**Work order:** Below are the entries. Transcribe exactly the lines from the one with "-- x/ident: who" through the one with "validate_role_change old new", ends included, and leave out all others.

[Stored items]
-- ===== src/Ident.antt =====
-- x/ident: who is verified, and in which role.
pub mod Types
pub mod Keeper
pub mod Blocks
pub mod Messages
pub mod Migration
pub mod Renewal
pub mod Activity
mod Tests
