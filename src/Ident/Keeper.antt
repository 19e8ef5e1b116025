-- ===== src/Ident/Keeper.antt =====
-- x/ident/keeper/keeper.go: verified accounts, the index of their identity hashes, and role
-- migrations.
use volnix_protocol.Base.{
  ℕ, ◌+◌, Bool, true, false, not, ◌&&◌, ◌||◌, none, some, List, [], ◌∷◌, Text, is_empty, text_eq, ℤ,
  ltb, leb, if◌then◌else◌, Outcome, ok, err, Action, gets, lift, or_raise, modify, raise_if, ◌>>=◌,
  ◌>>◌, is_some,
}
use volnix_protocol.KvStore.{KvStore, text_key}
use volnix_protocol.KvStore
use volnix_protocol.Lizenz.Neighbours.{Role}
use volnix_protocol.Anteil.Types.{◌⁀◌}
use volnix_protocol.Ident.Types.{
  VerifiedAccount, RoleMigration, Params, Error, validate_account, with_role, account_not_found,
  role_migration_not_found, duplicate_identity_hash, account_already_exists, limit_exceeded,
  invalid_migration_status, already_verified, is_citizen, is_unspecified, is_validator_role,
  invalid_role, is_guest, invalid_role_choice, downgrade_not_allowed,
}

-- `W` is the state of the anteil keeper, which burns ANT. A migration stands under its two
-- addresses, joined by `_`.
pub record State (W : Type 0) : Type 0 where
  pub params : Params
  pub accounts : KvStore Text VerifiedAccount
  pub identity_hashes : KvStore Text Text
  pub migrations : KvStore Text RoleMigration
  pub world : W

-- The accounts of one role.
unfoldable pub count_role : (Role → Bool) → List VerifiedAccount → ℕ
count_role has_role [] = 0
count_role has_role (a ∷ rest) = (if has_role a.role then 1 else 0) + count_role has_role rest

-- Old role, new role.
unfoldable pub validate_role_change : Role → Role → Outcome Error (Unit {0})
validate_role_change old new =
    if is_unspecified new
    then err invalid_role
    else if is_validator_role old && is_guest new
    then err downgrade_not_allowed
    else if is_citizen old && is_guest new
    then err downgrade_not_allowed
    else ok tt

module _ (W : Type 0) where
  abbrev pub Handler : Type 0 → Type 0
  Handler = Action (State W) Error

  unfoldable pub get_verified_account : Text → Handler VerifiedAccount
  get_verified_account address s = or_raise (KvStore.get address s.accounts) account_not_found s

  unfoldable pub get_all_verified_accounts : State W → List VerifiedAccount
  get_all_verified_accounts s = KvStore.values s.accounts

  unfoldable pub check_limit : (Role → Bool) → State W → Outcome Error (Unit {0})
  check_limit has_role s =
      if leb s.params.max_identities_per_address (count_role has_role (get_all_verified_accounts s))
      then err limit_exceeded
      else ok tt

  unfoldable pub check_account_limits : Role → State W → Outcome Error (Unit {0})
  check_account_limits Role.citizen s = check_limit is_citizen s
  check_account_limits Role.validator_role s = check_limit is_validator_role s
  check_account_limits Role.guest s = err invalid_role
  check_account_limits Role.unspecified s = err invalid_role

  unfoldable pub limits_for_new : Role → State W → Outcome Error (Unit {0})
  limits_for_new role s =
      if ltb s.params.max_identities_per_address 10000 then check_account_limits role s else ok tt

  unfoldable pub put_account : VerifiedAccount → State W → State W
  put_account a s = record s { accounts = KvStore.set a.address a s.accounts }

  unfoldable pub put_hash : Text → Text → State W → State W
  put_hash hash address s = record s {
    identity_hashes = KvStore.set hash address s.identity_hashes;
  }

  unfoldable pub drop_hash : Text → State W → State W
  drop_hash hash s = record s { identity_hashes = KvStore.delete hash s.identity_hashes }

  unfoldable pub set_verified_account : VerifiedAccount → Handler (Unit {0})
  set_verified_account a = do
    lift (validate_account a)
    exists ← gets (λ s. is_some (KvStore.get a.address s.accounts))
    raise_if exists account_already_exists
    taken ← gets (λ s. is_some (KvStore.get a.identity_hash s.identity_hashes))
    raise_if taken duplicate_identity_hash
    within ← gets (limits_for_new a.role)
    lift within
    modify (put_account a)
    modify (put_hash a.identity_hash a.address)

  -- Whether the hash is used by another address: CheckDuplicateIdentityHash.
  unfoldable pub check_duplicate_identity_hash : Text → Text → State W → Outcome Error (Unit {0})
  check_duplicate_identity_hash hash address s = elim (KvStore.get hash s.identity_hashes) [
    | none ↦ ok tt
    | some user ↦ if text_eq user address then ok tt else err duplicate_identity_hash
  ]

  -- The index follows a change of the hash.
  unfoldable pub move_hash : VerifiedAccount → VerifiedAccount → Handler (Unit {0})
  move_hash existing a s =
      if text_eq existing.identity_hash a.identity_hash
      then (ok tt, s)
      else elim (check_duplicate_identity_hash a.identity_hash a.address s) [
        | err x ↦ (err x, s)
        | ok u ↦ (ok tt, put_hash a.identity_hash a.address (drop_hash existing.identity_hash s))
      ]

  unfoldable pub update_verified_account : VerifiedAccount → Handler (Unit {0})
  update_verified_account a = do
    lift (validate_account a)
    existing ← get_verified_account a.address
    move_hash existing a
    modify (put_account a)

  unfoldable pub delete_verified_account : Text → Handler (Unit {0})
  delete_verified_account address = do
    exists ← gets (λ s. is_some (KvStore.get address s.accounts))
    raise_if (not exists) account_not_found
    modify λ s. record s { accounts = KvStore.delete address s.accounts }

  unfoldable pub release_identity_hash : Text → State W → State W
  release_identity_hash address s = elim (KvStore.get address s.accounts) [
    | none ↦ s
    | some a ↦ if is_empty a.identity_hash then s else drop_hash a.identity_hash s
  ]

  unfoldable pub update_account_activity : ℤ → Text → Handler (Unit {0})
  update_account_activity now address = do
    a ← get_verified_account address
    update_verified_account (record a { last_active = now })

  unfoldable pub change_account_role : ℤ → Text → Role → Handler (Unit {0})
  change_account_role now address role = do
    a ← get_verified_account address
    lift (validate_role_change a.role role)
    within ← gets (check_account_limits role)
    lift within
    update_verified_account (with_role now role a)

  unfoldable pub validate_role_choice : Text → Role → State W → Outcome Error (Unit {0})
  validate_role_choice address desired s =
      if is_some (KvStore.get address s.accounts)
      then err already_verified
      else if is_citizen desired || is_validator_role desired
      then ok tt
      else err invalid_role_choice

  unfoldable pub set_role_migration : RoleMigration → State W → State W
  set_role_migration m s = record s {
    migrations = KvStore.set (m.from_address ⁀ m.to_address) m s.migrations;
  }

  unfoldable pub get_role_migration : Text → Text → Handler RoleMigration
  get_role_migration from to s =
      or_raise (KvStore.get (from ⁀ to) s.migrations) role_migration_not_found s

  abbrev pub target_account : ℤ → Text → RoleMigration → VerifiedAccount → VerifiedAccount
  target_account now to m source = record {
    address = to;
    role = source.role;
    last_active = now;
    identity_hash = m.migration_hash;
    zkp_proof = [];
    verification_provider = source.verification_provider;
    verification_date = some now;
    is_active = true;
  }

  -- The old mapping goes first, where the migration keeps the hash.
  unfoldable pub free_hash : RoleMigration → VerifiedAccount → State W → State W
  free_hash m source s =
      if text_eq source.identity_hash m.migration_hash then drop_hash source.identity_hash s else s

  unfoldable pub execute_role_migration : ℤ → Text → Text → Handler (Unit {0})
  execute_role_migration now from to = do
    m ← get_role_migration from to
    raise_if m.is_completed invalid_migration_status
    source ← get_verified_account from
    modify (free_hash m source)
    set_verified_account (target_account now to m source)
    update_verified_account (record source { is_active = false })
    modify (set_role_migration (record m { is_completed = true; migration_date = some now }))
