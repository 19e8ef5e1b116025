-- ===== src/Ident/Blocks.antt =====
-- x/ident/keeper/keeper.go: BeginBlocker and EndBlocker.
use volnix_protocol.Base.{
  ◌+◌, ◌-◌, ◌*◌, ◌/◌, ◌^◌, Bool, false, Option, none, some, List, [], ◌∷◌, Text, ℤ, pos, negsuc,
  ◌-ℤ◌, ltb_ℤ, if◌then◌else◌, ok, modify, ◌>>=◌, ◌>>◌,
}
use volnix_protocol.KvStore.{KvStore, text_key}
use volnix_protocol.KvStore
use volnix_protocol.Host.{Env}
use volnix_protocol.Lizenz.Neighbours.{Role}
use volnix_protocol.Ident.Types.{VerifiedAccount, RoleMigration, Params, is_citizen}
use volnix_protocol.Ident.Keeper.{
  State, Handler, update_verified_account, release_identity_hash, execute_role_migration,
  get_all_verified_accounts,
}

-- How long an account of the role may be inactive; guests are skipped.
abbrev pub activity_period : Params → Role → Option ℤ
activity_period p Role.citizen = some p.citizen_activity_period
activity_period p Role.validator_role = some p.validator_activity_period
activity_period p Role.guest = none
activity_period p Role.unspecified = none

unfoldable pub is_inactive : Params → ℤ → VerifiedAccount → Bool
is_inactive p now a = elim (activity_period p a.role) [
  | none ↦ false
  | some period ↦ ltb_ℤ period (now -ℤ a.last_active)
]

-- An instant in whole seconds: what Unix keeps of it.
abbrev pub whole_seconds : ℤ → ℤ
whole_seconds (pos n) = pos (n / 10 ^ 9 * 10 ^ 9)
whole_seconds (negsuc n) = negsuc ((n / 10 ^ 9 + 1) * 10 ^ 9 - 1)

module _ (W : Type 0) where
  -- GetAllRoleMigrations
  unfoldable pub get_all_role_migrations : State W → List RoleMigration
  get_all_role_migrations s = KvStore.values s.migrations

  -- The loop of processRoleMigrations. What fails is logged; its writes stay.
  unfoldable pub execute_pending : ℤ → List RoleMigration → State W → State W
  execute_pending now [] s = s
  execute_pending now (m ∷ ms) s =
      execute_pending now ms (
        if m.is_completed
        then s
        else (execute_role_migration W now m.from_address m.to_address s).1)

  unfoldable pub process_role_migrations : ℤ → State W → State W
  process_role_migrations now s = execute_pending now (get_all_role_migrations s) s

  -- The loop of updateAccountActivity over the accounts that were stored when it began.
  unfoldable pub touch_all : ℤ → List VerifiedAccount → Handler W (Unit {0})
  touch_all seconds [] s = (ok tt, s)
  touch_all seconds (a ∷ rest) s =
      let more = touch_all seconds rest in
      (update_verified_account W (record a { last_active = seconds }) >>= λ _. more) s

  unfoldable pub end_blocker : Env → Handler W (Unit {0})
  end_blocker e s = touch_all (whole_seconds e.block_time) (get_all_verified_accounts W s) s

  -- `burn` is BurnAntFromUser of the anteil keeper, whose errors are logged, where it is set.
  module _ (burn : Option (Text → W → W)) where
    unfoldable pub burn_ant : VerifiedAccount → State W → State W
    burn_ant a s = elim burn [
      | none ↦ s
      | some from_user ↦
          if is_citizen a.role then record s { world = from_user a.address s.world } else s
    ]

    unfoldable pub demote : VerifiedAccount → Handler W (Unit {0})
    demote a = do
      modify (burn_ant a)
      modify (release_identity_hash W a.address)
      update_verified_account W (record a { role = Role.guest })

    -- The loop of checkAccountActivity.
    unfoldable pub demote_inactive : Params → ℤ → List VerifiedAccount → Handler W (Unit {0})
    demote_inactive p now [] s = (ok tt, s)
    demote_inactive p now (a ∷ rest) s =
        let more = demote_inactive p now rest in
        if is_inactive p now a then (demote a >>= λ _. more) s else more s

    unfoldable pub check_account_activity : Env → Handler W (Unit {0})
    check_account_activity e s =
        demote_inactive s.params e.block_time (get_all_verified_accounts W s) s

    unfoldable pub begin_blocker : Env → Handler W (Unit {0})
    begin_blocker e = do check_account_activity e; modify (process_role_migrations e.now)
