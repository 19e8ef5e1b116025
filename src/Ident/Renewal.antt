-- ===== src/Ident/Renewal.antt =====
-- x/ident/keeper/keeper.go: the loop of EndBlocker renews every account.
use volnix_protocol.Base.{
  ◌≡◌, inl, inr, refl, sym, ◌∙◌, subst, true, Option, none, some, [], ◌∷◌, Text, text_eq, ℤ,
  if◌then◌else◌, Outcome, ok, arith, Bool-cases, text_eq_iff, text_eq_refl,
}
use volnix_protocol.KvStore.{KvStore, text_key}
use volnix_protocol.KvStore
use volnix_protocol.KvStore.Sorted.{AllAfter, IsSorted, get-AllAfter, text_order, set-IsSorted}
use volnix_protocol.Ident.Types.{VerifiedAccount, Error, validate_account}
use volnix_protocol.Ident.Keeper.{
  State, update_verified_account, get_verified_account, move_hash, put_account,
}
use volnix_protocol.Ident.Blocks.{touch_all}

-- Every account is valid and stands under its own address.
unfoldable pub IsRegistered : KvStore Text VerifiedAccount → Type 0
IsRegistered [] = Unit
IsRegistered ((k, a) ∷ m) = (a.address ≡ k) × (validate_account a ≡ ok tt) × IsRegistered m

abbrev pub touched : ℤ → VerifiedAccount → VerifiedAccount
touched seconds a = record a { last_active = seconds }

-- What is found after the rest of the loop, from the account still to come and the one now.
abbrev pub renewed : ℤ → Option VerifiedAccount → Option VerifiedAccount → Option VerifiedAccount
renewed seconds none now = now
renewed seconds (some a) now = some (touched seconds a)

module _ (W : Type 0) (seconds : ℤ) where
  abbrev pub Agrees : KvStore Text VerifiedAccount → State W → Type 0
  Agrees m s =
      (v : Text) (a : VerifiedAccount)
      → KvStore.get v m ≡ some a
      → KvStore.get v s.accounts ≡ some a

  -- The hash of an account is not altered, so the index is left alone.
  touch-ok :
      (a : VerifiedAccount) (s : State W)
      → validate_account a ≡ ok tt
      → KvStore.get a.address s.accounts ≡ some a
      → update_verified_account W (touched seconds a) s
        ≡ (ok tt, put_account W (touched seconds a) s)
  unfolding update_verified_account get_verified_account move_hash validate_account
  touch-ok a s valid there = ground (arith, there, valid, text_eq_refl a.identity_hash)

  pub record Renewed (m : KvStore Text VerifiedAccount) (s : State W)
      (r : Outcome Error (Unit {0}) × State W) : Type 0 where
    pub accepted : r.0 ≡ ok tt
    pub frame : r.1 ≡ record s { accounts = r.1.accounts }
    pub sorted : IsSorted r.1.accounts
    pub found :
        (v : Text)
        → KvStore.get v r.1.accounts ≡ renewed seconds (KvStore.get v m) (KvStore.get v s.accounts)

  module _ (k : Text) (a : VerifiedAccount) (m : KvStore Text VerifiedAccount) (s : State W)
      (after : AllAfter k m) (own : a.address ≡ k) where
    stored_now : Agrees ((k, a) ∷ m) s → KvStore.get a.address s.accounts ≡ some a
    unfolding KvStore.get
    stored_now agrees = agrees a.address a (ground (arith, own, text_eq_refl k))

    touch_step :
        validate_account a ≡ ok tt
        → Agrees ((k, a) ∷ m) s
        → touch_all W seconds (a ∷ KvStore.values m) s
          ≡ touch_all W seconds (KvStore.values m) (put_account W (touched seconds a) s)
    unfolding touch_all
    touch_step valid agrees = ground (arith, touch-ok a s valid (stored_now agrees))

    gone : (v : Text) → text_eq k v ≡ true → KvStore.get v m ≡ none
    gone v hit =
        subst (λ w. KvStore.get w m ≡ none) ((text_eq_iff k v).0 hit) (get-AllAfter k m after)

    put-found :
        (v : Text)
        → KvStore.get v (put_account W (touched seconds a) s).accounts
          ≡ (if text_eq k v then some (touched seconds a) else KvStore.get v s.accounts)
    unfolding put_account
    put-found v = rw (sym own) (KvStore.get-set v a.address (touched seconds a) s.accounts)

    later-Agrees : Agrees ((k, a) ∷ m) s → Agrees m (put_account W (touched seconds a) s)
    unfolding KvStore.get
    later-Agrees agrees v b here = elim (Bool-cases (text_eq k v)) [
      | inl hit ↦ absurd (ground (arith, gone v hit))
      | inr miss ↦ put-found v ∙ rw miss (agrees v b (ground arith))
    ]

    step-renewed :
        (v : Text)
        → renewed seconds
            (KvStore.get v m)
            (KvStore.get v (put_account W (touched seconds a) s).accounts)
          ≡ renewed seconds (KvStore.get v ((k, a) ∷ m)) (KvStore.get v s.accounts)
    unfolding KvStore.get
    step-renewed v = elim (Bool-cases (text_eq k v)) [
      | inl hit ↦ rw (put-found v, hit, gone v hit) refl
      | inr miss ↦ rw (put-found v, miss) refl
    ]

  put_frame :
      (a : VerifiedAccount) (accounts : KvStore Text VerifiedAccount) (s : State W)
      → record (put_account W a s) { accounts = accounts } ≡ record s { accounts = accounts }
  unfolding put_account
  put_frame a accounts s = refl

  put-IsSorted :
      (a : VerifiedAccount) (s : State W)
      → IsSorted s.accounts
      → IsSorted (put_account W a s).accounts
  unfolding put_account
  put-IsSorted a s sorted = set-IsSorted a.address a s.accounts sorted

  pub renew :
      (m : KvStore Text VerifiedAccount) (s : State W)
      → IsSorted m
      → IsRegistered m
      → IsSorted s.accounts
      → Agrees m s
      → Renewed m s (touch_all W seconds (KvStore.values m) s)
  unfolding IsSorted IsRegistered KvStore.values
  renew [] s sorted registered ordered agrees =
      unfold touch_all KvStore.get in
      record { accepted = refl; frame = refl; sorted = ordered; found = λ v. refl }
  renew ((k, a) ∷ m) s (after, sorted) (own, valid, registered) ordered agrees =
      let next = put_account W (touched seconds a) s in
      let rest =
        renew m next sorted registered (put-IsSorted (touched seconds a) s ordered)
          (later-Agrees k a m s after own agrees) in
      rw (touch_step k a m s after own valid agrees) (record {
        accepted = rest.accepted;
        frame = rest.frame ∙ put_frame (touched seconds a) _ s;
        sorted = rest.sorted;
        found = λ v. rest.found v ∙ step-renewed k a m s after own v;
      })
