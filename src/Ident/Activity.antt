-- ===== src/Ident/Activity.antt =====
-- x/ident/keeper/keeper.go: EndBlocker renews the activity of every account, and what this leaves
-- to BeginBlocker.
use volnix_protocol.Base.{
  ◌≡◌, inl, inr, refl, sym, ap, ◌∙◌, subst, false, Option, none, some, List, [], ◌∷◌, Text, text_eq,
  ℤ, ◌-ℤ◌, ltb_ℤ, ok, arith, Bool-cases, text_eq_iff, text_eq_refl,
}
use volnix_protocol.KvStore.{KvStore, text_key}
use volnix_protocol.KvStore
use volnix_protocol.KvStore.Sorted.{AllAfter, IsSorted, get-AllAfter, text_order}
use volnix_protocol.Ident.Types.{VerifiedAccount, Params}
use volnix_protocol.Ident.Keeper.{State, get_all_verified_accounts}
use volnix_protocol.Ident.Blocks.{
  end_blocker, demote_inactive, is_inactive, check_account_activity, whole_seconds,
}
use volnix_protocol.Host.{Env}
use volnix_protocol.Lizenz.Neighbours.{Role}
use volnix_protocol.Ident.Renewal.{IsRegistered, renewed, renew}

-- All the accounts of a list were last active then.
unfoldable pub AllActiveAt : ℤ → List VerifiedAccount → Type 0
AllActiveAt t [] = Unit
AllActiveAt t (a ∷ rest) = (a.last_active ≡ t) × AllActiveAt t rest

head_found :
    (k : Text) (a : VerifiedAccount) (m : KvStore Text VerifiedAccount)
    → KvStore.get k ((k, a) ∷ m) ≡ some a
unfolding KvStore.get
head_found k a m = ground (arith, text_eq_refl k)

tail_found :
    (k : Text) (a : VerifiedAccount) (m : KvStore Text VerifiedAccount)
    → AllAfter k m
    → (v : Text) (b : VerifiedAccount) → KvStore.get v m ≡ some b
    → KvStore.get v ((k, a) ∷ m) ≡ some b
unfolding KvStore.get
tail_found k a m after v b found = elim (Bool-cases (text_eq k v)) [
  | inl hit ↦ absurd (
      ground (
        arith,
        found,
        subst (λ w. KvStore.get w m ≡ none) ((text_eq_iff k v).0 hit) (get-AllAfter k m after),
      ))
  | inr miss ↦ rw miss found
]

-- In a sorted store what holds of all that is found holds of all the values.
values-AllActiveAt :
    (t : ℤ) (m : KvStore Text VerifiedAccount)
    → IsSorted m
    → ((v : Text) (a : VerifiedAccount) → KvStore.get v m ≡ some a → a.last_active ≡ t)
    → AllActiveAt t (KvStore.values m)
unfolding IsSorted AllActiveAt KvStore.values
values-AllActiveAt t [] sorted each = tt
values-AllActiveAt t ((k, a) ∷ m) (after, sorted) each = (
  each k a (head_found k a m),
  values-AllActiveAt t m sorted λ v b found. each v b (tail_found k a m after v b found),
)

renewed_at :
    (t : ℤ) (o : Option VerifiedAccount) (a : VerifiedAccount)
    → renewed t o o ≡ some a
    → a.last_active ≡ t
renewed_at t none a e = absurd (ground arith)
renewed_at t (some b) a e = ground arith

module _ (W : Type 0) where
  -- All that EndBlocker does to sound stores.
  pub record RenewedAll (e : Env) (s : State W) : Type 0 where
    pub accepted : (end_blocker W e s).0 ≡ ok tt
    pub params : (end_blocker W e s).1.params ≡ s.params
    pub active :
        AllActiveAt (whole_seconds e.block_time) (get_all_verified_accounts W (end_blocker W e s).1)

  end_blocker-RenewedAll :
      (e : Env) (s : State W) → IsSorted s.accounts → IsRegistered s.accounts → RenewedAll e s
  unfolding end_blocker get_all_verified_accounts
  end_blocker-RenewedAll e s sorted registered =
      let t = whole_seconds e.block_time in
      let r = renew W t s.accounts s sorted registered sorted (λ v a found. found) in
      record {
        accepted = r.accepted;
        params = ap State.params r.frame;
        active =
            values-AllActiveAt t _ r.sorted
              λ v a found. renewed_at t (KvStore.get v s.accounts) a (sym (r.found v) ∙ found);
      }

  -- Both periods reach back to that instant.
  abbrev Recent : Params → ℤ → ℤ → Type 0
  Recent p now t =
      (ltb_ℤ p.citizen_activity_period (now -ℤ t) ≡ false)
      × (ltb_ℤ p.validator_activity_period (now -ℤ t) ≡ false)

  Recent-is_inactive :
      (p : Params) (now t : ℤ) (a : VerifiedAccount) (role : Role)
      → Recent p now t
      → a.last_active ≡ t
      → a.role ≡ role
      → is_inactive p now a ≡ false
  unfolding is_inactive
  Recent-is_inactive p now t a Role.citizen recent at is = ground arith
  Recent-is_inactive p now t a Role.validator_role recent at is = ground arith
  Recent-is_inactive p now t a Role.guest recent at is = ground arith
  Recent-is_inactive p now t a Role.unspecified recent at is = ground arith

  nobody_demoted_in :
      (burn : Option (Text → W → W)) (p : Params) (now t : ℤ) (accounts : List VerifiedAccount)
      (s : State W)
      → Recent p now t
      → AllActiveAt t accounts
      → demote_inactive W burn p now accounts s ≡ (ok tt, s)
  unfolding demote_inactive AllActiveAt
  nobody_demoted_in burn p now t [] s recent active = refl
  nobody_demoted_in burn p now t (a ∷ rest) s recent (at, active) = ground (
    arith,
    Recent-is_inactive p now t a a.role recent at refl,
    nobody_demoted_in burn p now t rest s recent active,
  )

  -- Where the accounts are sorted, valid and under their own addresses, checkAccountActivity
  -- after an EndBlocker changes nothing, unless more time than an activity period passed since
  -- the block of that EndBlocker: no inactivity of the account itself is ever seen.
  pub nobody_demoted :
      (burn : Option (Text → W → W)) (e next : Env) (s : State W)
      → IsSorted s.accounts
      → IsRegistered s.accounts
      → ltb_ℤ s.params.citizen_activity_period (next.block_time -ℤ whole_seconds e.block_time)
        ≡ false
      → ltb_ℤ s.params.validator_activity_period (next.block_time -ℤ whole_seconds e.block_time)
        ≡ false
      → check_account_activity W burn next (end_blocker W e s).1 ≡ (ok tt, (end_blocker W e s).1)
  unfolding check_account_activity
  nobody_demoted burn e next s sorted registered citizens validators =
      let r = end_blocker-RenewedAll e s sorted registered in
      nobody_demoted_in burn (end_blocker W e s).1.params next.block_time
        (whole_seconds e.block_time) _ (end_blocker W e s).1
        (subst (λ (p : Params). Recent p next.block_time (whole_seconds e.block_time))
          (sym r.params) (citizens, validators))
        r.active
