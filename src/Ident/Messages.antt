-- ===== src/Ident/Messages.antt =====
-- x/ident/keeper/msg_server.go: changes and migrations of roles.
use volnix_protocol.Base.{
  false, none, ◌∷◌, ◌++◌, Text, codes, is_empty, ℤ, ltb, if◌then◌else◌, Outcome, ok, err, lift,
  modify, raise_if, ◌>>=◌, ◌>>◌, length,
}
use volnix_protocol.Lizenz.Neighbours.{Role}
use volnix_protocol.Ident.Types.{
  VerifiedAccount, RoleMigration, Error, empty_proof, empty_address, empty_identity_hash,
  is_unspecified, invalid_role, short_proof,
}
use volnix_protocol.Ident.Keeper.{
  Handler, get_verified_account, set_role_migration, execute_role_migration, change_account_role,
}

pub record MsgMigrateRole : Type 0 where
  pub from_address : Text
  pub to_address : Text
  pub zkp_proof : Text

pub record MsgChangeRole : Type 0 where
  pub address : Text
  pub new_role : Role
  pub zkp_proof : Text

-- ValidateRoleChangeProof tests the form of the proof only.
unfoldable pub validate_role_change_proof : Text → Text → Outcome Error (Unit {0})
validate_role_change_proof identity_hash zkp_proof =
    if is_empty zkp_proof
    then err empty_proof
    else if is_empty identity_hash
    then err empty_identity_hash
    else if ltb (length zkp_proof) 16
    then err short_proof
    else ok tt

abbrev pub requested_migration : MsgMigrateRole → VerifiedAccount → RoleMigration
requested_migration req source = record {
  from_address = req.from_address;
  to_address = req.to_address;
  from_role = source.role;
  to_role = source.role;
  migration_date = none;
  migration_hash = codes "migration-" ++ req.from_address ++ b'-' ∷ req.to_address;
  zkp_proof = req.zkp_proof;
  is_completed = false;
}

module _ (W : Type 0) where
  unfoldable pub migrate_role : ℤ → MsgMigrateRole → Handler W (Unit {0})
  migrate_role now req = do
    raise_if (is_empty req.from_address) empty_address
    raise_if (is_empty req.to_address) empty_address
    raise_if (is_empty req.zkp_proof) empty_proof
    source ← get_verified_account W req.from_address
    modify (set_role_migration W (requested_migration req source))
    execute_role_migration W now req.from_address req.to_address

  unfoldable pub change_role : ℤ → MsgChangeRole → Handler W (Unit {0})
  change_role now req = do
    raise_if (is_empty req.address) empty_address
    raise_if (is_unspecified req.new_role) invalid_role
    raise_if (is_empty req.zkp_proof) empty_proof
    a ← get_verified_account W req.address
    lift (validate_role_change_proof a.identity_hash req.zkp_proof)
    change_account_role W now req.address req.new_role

**Expected answer:**
-- x/ident: who is verified, and in which role.
pub mod Types
pub mod Keeper
pub mod Blocks
pub mod Messages
pub mod Migration
pub mod Renewal
pub mod Activity
mod Tests
filename src/Ident/Keeper.antt
repository 19e8ef5e1b116025
-- ===== src/Ident/Keeper.antt =====
-- x/ident/keeper/keeper.go: verified accounts, the index of their identity hashes, and role
-- migrations.
use volnix_protocol.Base.{
  ℕ, ◌+◌, Bool, true, false, not, ◌&&◌, ◌||◌, none, some, List, [], ◌∷◌, Text, is_empty, text_eq, ℤ,
  ltb, leb, if◌then◌else◌, Outcome, ok, err, Action, gets, lift, or_raise, modify, raise_if, ◌>>=◌,
  ◌>>◌, is_some,
}
use volnix_protocol.KvStore.{KvStore, text_key}
use volnix_protocol.KvStore
use volnix_protocol.Lizenz.Neighbours.{Role}
use volnix_protocol.Anteil.Types.{◌⁀◌}
use volnix_protocol.Ident.Types.{
  VerifiedAccount, RoleMigration, Params, Error, validate_account, with_role, account_not_found,
  role_migration_not_found, duplicate_identity_hash, account_already_exists, limit_exceeded,
  invalid_migration_status, already_verified, is_citizen, is_unspecified, is_validator_role,
  invalid_role, is_guest, invalid_role_choice, downgrade_not_allowed,
}

-- `W` is the state of the anteil keeper, which burns ANT. A migration stands under its two
-- addresses, joined by `_`.
pub record State (W : Type 0) : Type 0 where
  pub params : Params
  pub accounts : KvStore Text VerifiedAccount
  pub identity_hashes : KvStore Text Text
  pub migrations : KvStore Text RoleMigration
  pub world : W

-- The accounts of one role.
unfoldable pub count_role : (Role → Bool) → List VerifiedAccount → ℕ
count_role has_role [] = 0
count_role has_role (a ∷ rest) = (if has_role a.role then 1 else 0) + count_role has_role rest

-- Old role, new role.
unfoldable pub validate_role_change : Role → Role → Outcome Error (Unit {0})
validate_role_change old new =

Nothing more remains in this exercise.